| Literature DB >> 35419443 |
Sasha A Singh1, Shiori Kuraoka1, Diego Vinicius Santinelli Pestana1, Waqas Nasir2, Bernard Delanghe2, Masanori Aikawa1,3,4.
Abstract
ADP-ribosylation is a post-translational modification that is catalyzed by the ADP-ribosyltransferase enzyme family. Major emphasis to date has been ADP-ribosylation's role in cancer; however, there is growing interest in its role in inflammation and cardiovascular disease. Despite a recent boom in ADP-ribosylation mass spectrometry-based proteomics, there are limited computational resources to evaluate the quality of reported ADP-ribosylated (ADPr) proteins. We recently developed a novel mass spectral annotation strategy (RiboMaP) that facilitates identification and reporting of ADPr peptides and proteins. This strategy can monitor the fragmentation properties of ADPr peptide-unique fragment ions, termed m-ions and p-ions, that in turn provide spectral quality scores for candidate ADP-ribosyl peptides. In this study, we leveraged the availability of publicly available ADP-ribosylome data, acquired on various mass spectrometers, to evaluate the broader applicability of RiboMaP. We observed that fragmentation spectra of ADPr peptides vary considerably across datasets; nonetheless, RiboMaP improves ADPr peptide spectral annotation across all studies. We then reanalyzed our own previously published in vitro ADP-ribosylome data to determine common responses to the pro-inflammatory cytokine, IFN-γ. We conclude that despite these recent advances in the field of ADPr proteomics, studies in the context of inflammation and cardiovascular disease still require further bench-to-informatics workflow development in order to capture ADPr signaling events related to inflammatory pathways.Entities:
Keywords: PARP14; SEQUEST; mass spectrometry; post-translational modification; ribosylation
Year: 2022 PMID: 35419443 PMCID: PMC8996112 DOI: 10.3389/fcvm.2022.851351
Source DB: PubMed Journal: Front Cardiovasc Med ISSN: 2297-055X
Figure 1Inter-study analysis using a single workflow to annotate ADP-ribosyl data. (A) The ADP-ribosyl (ADPr) post-translational modification with its major higher collision energy (HCD) dissociation products (annotated as the m- and p-ions). (B) Schematic depicting sequential dissociation that converts precursor P-ions to fragment p-ions. (C) Workflow for ADP-ribosylome data re-analysis using RiboMaP.

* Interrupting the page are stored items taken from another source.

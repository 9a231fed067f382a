-- ===== src/Proxy/Raw/Ending.antt =====
-- The loop of `handle_flow` (src/proxy/mod.rs) comes to an end: a history that reaches its limit ends
-- the flow.
use mini_proxad.Prelude.{
  ℕ, ◌+◌, ◌<◌, ◌≡◌, ◌≢◌, refl, Option, List, All, length, arith, Result, ok, panicked, ControlFlow,
  go_on, break,
}
use mini_proxad.Net.{SocketAddr}
use mini_proxad.History.Raw.{new_raw_history}
use mini_proxad.Flow.{RawFlow, new_raw_flow}
use mini_proxad.Filter.{Filter, run_filter}
use mini_proxad.Filter.Raw.{on_raw_open}
use mini_proxad.Proxy.Raw.{opened, Ready, run_turns, Closing, finished, handle_flow}
use mini_proxad.Proxy.Raw.Forwarding.{on_raw_open_same, handle_flow-IsBehind}
use mini_proxad.Proxy.Raw.Growth.{
  NeverReplaces, size, limit, Fits, length-le-limit, after_loop-finished, new_raw_flow-Fits,
}

module _ {U T Q R : Type 0} where
  run_turns-ends :
      (rs : List (Ready U T Q R)) (flow : RawFlow U T)
      → All NeverReplaces rs
      → Fits flow
      → size flow ≡ 0
      → limit flow < length rs
      → (run_turns rs (opened flow)).1 ≢ ok go_on
  run_turns-ends rs flow n f z h e =
      let le = length-le-limit rs (opened flow) n f e in absurd (omega arith)

  handle_flow-finished :
      (filter : Option (Filter U T Q R)) (turns : List (Ready U T Q R)) (closing : Closing)
      (flow : RawFlow U T)
      → (run_turns turns (opened flow)).1 ≢ ok go_on
      → (result : Result (Unit {0})) × ((handle_flow filter turns closing flow).1 ≡ finished result)
  unfolding handle_flow
  handle_flow-finished filter turns closing flow h =
      let (c, e) = on_raw_open_same filter flow in go c e
    where
      go :
          (c : ControlFlow)
          → run_filter filter (λ f. on_raw_open f.inner) flow ≡ ok (flow, c)
          → (result : Result (Unit {0})) × ((handle_flow filter turns closing flow).1
              ≡ finished result)
      go break e = (ok tt, rw (e, handle_flow))
      go go_on e =
          let (result, done) = after_loop-finished closing (run_turns turns (opened flow)).1 h in
          (result, rw (e, handle_flow) done)

  -- A new raw flow whose rounds have filters that replace no chunk, as with no filter at all: after
  -- more rounds than the limits of the two histories together it is finished, whatever the peers
  -- send, with success or an error and not with a panic.
  pub handle_flow-ends :
      (filter : Option (Filter U T Q R)) (turns : List (Ready U T Q R)) (closing : Closing) (id : U)
      (now : T) (client_addr server_addr : SocketAddr) (client_max server_max : ℕ)
      → All NeverReplaces turns
      → client_max + server_max < length turns
      → let r =
          handle_flow filter turns closing
            (new_raw_flow id now client_addr client_max server_addr server_max) in
        (result : Result (Unit {0})) × (r.1 ≡ finished result) × (result ≢ panicked)
  unfolding new_raw_flow new_raw_history
  handle_flow-ends filter turns closing id now client_addr server_addr client_max server_max n h =
      let flow = new_raw_flow id now client_addr client_max server_addr server_max in
      let (sound, _) =
        handle_flow-IsBehind filter turns closing id now client_addr client_max server_addr
          server_max in
      let (result, done) = handle_flow-finished filter turns closing flow (
        run_turns-ends turns flow n
          (new_raw_flow-Fits id now client_addr server_addr client_max server_max) refl h) in
      (result, done, λ p. sound (rw p at done))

Figure 2Intra- and inter-dataset comparisons of ADP-ribosyl peptide spectral matches. (A) XCorr, the cross-correlation score between a spectrum and database match. (B) Isolation interference, the relative amount of ion current within the isolation window that is not attributed to the isolated precursor. (C) m-series score, the scaled total absolute m-ion intensity normalized by base peak intensity. (D) p-series score, total absolute p-ion intensity normalized by base peak intensity.
Figure 3Applying RiboMaP to increase the number of ADP-ribosyl peptide spectral matches (PSMs). (A) A breakdown of the contribution of individual m-ions to the m-series score. (B) An ADPr PSM identified in two independent studies contains similar fragment ions. UGHD, UDP-glucose 6-dehydrogenase. (C) A spectrum-to-spectrum peak intensity plot from panel B shows that the m3-ion intensity is markedly higher in the QE-HF compared to the Lumos. (D) A comparison between default and RiboMaP-enabled reporting of ADPr peptides. (E) Our current workflow accounts for the majority of ADPr proteins reported previously for the QE-HF liver study (76.6%) and the Lumos THP-1 study (83.4%).

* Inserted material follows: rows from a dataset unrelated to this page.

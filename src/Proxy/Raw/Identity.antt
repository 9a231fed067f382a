-- ===== src/Proxy/Raw/Identity.antt =====
-- What `handle_flow` (src/proxy/mod.rs) leaves alone: who a flow is between, and since when.
use mini_proxad.Prelude.{
  ◌≡◌, refl, Option, List, [], ◌∷◌, arith, Result, ok, err, panicked, ControlFlow, go_on, break,
  Option-cases, inl, inr,
}
use mini_proxad.Flow.{RawFlow}
use mini_proxad.Filter.{Filter, FilterModule, run_filter}
use mini_proxad.Filter.Raw.{on_raw_client, on_raw_server, on_raw_open}
use mini_proxad.Proxy.Raw.{
  read_chunk, Session, opened, Turn, Ready, from_client, from_server, forward_client,
  forward_server, client_turn, server_turn, turn, run_turns, Closing, handle_flow,
}
use mini_proxad.Proxy.Raw.Forwarding.{on_raw_open_same}

module _ {U T : Type 0} where
  pub record IsSame (f g : RawFlow U T) : Type 0 where
    pub id : g.id ≡ f.id
    pub start : g.start ≡ f.start
    pub client_addr : g.client_addr ≡ f.client_addr
    pub server_addr : g.server_addr ≡ f.server_addr

  same : {f : RawFlow U T} → IsSame f f
  same = record { id = refl; start = refl; client_addr = refl; server_addr = refl }

module _ {U T Q R : Type 0} where
  on_raw_client-IsSame :
      (script : FilterModule U T Q R) (f g : RawFlow U T) (now later : T) (c : ControlFlow)
      → on_raw_client script f now later ≡ ok (g, c)
      → IsSame f g
  unfolding on_raw_client
  on_raw_client-IsSame script f g now later c h = ground arith

  on_raw_server-IsSame :
      (script : FilterModule U T Q R) (f g : RawFlow U T) (now later : T) (c : ControlFlow)
      → on_raw_server script f now later ≡ ok (g, c)
      → IsSame f g
  unfolding on_raw_server
  on_raw_server-IsSame script f g now later c h = ground arith

  -- The filter of a round gives the flow back with the same ends.
  run_client-IsSame :
      (t : Turn U T Q R) (f g : RawFlow U T) (c : ControlFlow)
      → run_filter t.filter (λ m flow. on_raw_client m.inner flow t.called_at t.replaced_at) f
        ≡ ok (g, c)
      → IsSame f g
  run_client-IsSame t f g c h = elim (Option-cases t.filter) [
    | inl e ↦ let given = (rw e at h) in ground arith
    | inr (m, e) ↦ on_raw_client-IsSame m.inner f g t.called_at t.replaced_at c (rw e at h)
  ]

  forward_client-IsSame :
      (t : Turn U T Q R) (s : Session U T) → IsSame s.flow (forward_client t s).0.flow
  unfolding forward_client
  forward_client-IsSame t s = go (run_filter t.filter hook s.flow) refl
    where
      hook : Filter U T Q R → RawFlow U T → Result (RawFlow U T × ControlFlow)
      hook = λ m flow. on_raw_client m.inner flow t.called_at t.replaced_at

      go :
          (r : Result (RawFlow U T × ControlFlow))
          → run_filter t.filter hook s.flow ≡ r
          → IsSame s.flow (forward_client t s).0.flow
      go (ok (g, break)) e = rw (e, forward_client) (run_client-IsSame t s.flow g break e)
      go (ok (g, go_on)) e = rw (e, forward_client) (run_client-IsSame t s.flow g go_on e)
      go (err x) e = rw (e, forward_client) same
      go panicked e = rw (e, forward_client) same

  client_turn-IsSame : (t : Turn U T Q R) (s : Session U T) → IsSame s.flow (client_turn t s).0.flow
  unfolding client_turn
  client_turn-IsSame t s =
      let h = (read_chunk t.wakes s.flow.client_history t.read_at).0 in
      let s' = record s { flow = record (s.flow) { client_history = h } } in
      ground (arith, forward_client-IsSame t s')

  run_server-IsSame :
      (t : Turn U T Q R) (f g : RawFlow U T) (c : ControlFlow)
      → run_filter t.filter (λ m flow. on_raw_server m.inner flow t.called_at t.replaced_at) f
        ≡ ok (g, c)
      → IsSame f g
  run_server-IsSame t f g c h = elim (Option-cases t.filter) [
    | inl e ↦ let given = (rw e at h) in ground arith
    | inr (m, e) ↦ on_raw_server-IsSame m.inner f g t.called_at t.replaced_at c (rw e at h)
  ]

  forward_server-IsSame :
      (t : Turn U T Q R) (s : Session U T) → IsSame s.flow (forward_server t s).0.flow
  unfolding forward_server
  forward_server-IsSame t s = go (run_filter t.filter hook s.flow) refl
    where
      hook : Filter U T Q R → RawFlow U T → Result (RawFlow U T × ControlFlow)
      hook = λ m flow. on_raw_server m.inner flow t.called_at t.replaced_at

      go :
          (r : Result (RawFlow U T × ControlFlow))
          → run_filter t.filter hook s.flow ≡ r
          → IsSame s.flow (forward_server t s).0.flow
      go (ok (g, break)) e = rw (e, forward_server) (run_server-IsSame t s.flow g break e)
      go (ok (g, go_on)) e = rw (e, forward_server) (run_server-IsSame t s.flow g go_on e)
      go (err x) e = rw (e, forward_server) same
      go panicked e = rw (e, forward_server) same

  server_turn-IsSame : (t : Turn U T Q R) (s : Session U T) → IsSame s.flow (server_turn t s).0.flow
  unfolding server_turn
  server_turn-IsSame t s =
      let h = (read_chunk t.wakes s.flow.server_history t.read_at).0 in
      let s' = record s { flow = record (s.flow) { server_history = h } } in
      ground (arith, forward_server-IsSame t s')

  turn-IsSame : (r : Ready U T Q R) (s : Session U T) → IsSame s.flow (turn r s).0.flow
  unfolding turn
  turn-IsSame (from_client t) s = client_turn-IsSame t s
  turn-IsSame (from_server t) s = server_turn-IsSame t s

  run_turns-IsSame :
      (rs : List (Ready U T Q R)) (s : Session U T) → IsSame s.flow (run_turns rs s).0.flow
  unfolding run_turns
  run_turns-IsSame [] s = same
  run_turns-IsSame (r ∷ rs) s = ground (arith, turn-IsSame r s, run_turns-IsSame rs (turn r s).0)

  pub handle_flow-IsSame :
      (filter : Option (Filter U T Q R)) (turns : List (Ready U T Q R)) (closing : Closing)
      (flow : RawFlow U T)
      → IsSame flow (handle_flow filter turns closing flow).0.flow
  unfolding handle_flow
  handle_flow-IsSame filter turns closing flow = let (c, e) = on_raw_open_same filter flow in go c e
    where
      go :
          (c : ControlFlow)
          → run_filter filter (λ f. on_raw_open f.inner) flow ≡ ok (flow, c)
          → IsSame flow (handle_flow filter turns closing flow).0.flow
      go break e = rw (e, handle_flow) same
      go go_on e = rw (e, handle_flow) (run_turns-IsSame turns (opened flow))
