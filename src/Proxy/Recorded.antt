-- ===== src/Proxy/Recorded.antt =====
-- From the connection to the file: a raw flow that `handle_flow` (src/proxy/mod.rs) has served, and
-- the packets that `write_tcp_flow` (src/proxy/dumper.rs) writes for it.
use mini_proxad.Prelude.{
  ℕ, ◌≡◌, ◌≢◌, refl, sym, ◌∙◌, ◌⊎◌, inl, inr, Option, List, [], ◌++◌, Bytes, ok, err, panicked,
  Error, take, drop, drop_all, take-append-drop, length, arith,
}
use mini_proxad.Net.{SocketAddr}
use mini_proxad.Http.{HttpCrate}
use mini_proxad.History.Raw.{RawHistory}
use mini_proxad.History.Raw.Tiling.{IsTiled, IsReadable}
use mini_proxad.History.Raw.Tiles.{Tiles-same}
use mini_proxad.Flow.{new_raw_flow}
use mini_proxad.Filter.{Filter}
use mini_proxad.Proxy.Raw.{Ready, Closing, Session, Progress, running, finished, handle_flow}
use mini_proxad.Proxy.Raw.Sync.{IsPrefix, BothTiled}
use mini_proxad.Proxy.Raw.Forwarding.{Forwards, handle_flow-Forwards}
use mini_proxad.Proxy.Raw.Identity.{handle_flow-IsSame}
use mini_proxad.Proxy.Dumper.Packet.{Header, PcapPacket, Wire}
use mini_proxad.Proxy.Dumper.Conversation.{Chrono, ipv4_of}
use mini_proxad.Proxy.Dumper.Transcript.{IsReliable}
use mini_proxad.Proxy.Dumper.Course.{IsTimely}
use mini_proxad.Proxy.Dumper.Payloads.{Carried, write_tcp_flow_taken}

rest_nil : {T : Type 0} (h : RawHistory T) (k : IsReadable h) → IsTiled h → drop k.0 h.bytes ≡ []
rest_nil h k t =
    drop_all k.0 h.bytes (omega (arith, Tiles-same 0 k.0 (length h.bytes) h.chunks k.1 t))

-- Only a flow that ends with an error may leave bytes in no chunk.
tiled_or_failed :
    {U T : Type 0} (s : Session U T) (p : Progress)
    → Forwards s p
    → BothTiled s.flow ⊎ ((e : Error) × (p ≡ finished (err e)))
tiled_or_failed s running f = let v = f.synced refl in inl (v.client, v.server)
tiled_or_failed s (finished (ok u)) f = inl (f.tiled refl)
tiled_or_failed s (finished (err e)) f = inr (e, refl)
tiled_or_failed s (finished panicked) f = absurd (f.sound refl)

module _ (w : HttpCrate) {U T : Type 0} (wire : Wire) (image : Header → Bytes → Bytes)
    (reliable : IsReliable wire image) (chrono : Chrono T) (timely : IsTimely chrono) where
  -- What is recorded of each side is what the file carries of it and a rest, which is empty unless
  -- the flow has ended with an error; each peer has got a prefix of what is recorded of the other.
  abbrev pub Dumped : ℕ → ℕ → List PcapPacket → Session U T × Progress → Type 0
  Dumped c s packets (session, progress) =
      let client = session.flow.client_history.bytes in
      let server = session.flow.server_history.bytes in
      (from_client from_server client_rest server_rest : Bytes) × Carried w wire image reliable
        chrono timely session.flow c s packets from_client from_server
      × (from_client ++ client_rest ≡ client)
      × (from_server ++ server_rest ≡ server)
      × (((client_rest ≡ []) × (server_rest ≡ [])) ⊎ ((e : Error) × (progress ≡ finished (err e))))
      × IsPrefix session.to_server client
      × IsPrefix session.to_client server

  forwarded-Dumped :
      (r : Session U T × Progress) (c s : ℕ) (packets : List PcapPacket)
      → Forwards r.0 r.1
      → r.0.flow.client_addr ≢ r.0.flow.server_addr
      → ipv4_of r.0.flow.client_addr ≡ ok c
      → ipv4_of r.0.flow.server_addr ≡ ok s
      → Dumped c s packets r
  forwarded-Dumped (session, progress) c s packets f n hc hs =
      let client = session.flow.client_history in
      let server = session.flow.server_history in
      let (rc, rs) = f.readable in
      (
        take rc.0 client.bytes,
        take rs.0 server.bytes,
        drop rc.0 client.bytes,
        drop rs.0 server.bytes,
        write_tcp_flow_taken w wire image reliable chrono timely session.flow c s packets rc rs n hc
            hs,
        take-append-drop rc.0 client.bytes,
        take-append-drop rs.0 server.bytes,
        elim (tiled_or_failed session progress f) [
          | inl (tc, ts) ↦ inl (rest_nil client rc tc, rest_nil server rs ts)
          | inr failed ↦ inr failed
        ],
        f.behind.to_server,
        f.behind.to_client,
      )

  module _ {Q R : Type 0} (filter : Option (Filter U T Q R)) (turns : List (Ready U T Q R))
      (closing : Closing) (id : U) (now : T) (client_addr server_addr : SocketAddr)
      (client_max server_max : ℕ) where
    -- A new raw flow between two IPv4 addresses that differ, from its opening on, with any script and
    -- any rounds, and then dumped by a reliable writer at times that fit a `u64`: the file gets a
    -- transcript whose payloads of each side, joined, are a prefix of what is recorded of that side,
    -- and all of it unless the flow has ended with an error; and what each peer has got is a prefix
    -- of what is recorded of the other.
    pub handle_flow-Dumped :
        (c s : ℕ) (packets : List PcapPacket)
        → client_addr ≢ server_addr
        → ipv4_of client_addr ≡ ok c
        → ipv4_of server_addr ≡ ok s
        → Dumped c s packets (
            handle_flow filter turns closing
              (new_raw_flow id now client_addr client_max server_addr server_max))
    unfolding new_raw_flow
    handle_flow-Dumped c s packets n hc hs =
        let flow = new_raw_flow id now client_addr client_max server_addr server_max in
        let r = handle_flow filter turns closing flow in
        let f =
          handle_flow-Forwards filter turns closing id now client_addr client_max server_addr
            server_max in
        let same = handle_flow-IsSame filter turns closing flow in
        forwarded-Dumped r c s packets f (λ e. n (sym same.client_addr ∙ e ∙ same.server_addr))
          (rw same.client_addr hc) (rw same.server_addr hs)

Figure 4A comparison between IFN-γ treatment studies. (A) Common and unique ADPr proteins between human THP-1 cells, and mouse liver or spleen. (B) A linear model plot using R. The gray lines indicate the 95% confidence intervals. (C) Comparisons across studies demonstrate no overlap for IFN-γ effects on the ADP-ribosylomes except for a common sequence in PARP1. (D) PARP1 amino acid sequence determined to be commonly ADP-ribosylated in human THP-1 cells and mouse spleen datasets. The orange amino acids correspond to sequence coverage in THP-1 and mouse PARP1 data. The peptide whose ADPr signal decreased in both THP-1 and mouse spleen data is indicated. (E) The IFN-γ modulated PARP1 ADPr peptide resides within a predicted disordered domain. Both glutamate and serine amino acids were identified (EthcD annotation provided) to be ADP-ribosylated in THP-1 cells (and mouse spleen) (Supplementary Figure S3).